An Empirical Analysis of the Docker Container Ecosystem on GitHub
Abstract
Docker allows packaging an application with its dependencies into a standardized, self-contained unit (a so-called container), which can be used for software development and to run the application on any system. Dockerfiles are declarative definitions of an environment that aim to enable reproducible builds of the container. They can often be found in source code repositories and enable the hosted software to come to life in its execution environment. We conduct an exploratory empirical study with the goal of characterizing the Docker ecosystem, prevalent quality issues, and the evolution of Dockerfiles.
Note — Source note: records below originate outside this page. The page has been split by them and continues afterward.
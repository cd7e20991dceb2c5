-- ===== src/Crypto/Keys.antt =====
-- `decode_master_key` of crypto/secrets.py and `decode_audit_pepper` of
-- crypto/audit_fingerprint.py.
use Prim.Native.String.{count}
use lehen.Prelude.{String, Option, none, some, not, eqb, if◌then◌else◌}
use lehen.Prelude.Effects.{Result, ok, err, invalid_key}
use lehen.Hub.{Bytes, Host}
use lehen.Crypto.Envelope.{key_len}

-- 32 bytes, or the error
abbrev pub of_key_len : Option Bytes → Result Bytes
of_key_len none = err invalid_key
of_key_len (some raw) = if not (eqb (count raw) key_len) then err invalid_key else ok raw

unfoldable pub decode_master_key : Host → String → Result Bytes
decode_master_key host b64 = of_key_len (host.b64_decode b64)

unfoldable pub decode_audit_pepper : Host → String → Result Bytes
decode_audit_pepper host b64 = of_key_len (host.b64_decode b64)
We base our study on a data set of over 70000 Dockerfiles, and contrast this general population with samplings that contain the Top-100 and Top-1000 most popular Docker-using projects. We find that most quality issues (28.6%) arise from missing version pinning (i.e., specifying a concrete version for dependencies). Further, we were not able to build 34% of Dockerfiles from a representative sample of 560 projects. Integrating quality checks, e.g., to issue version pinning warnings, into the container build process could result into more reproducible builds. The most popular projects change more often than the rest of the Docker population, with 5.81 revisions per year and 5 lines of code changed on average. Most changes deal with dependencies, that are currently stored in a rather unstructured manner. We propose to introduce an abstraction that, for instance, could deal with the intricacies of different package managers and could improve migration to more light-weight images.